West Africa’s main political and economic bloc says it will give Mali’s military transitional government 12 to 16 months to arrange elections and offered Guinea’s ruling government a month to propose a democratic transition timeline.
After a summit in Accra, leaders of the Economic Community of West African States (ECOWAS) also agreed to ask Burkina Faso’s interim leaders to reduce a proposed transition of 36 months.
The bloc’s Commission President Jean Claude Kassi Brou told a news conference that this would translate to a more acceptable timeline.
West Africa has been rocked by two coups in Mali, one in Guinea and one in Burkina Faso since August 2020 and the 15-nation ECOWAS has repeatedly condemned the military takeovers, while trying to bring power back into civilian hands.
ECOWAS has already imposed sanctions on Guinea and Mali for dragging their feet on restoring constitutional order.
Kassi Brou said those measures would be gradually lifted in Mali if its leaders respected the 12- to 16-month ultimatum.
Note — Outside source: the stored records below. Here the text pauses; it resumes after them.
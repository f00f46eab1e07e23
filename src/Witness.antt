-- ===== src/Witness.antt =====
-- The fencing witness (witness-worker/src) and the check of its receipts in the panel.
pub mod Platform
pub mod Worker
pub mod Receipt
pub mod Leases
pub mod Recovery
pub mod Access
pub mod Examples
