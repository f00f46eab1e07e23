-- ===== src/Witness/Platform.antt =====
-- What witness-worker/src and ui-manager/app/lib/fence-receipt.js use of the JavaScript platform:
-- HMAC, the hexadecimal reading of a buffer, and ISO dates.
use hosting_control_panel.Common.{ℕ, ◌*◌, ◌/◌, ◌≡◌, Option, none, some, List, [], Text}

-- `iso` is `new Date(value).toISOString()` without its milliseconds.
pub record Platform : Type 0 where
  pub hmac_sha256 : Text → Text → List ℕ
  pub hex_bytes : Text → List ℕ
  pub iso : ℕ → Text
  pub date_parse : Text → Option ℕ

-- What the date functions are documented to do: a date that was written to the second reads back to
-- that second, and the empty text is no date.
pub record IsCalendar (platform : Platform) : Type 0 where
  pub date_parse-iso : (t : ℕ) → platform.date_parse (platform.iso t) ≡ some (t / 1000 * 1000)
  pub date_parse-empty : platform.date_parse [] ≡ none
Harsher penalties will hit Guinea if it misses its own April 25 deadline, he warned.
Mali’s interim government failed on a promise to hold elections in February and first said it would keep ruling until at least 2025, which was then revised down to 24 months.
Guinea, whose ex-President Alpha Conde was overthrown in September, has yet to lay out handover plans.
Meanwhile, Burkina Faso’s military government, which took over in January, has proposed relinquishing power after three years, raising eyebrows in ECOWAS.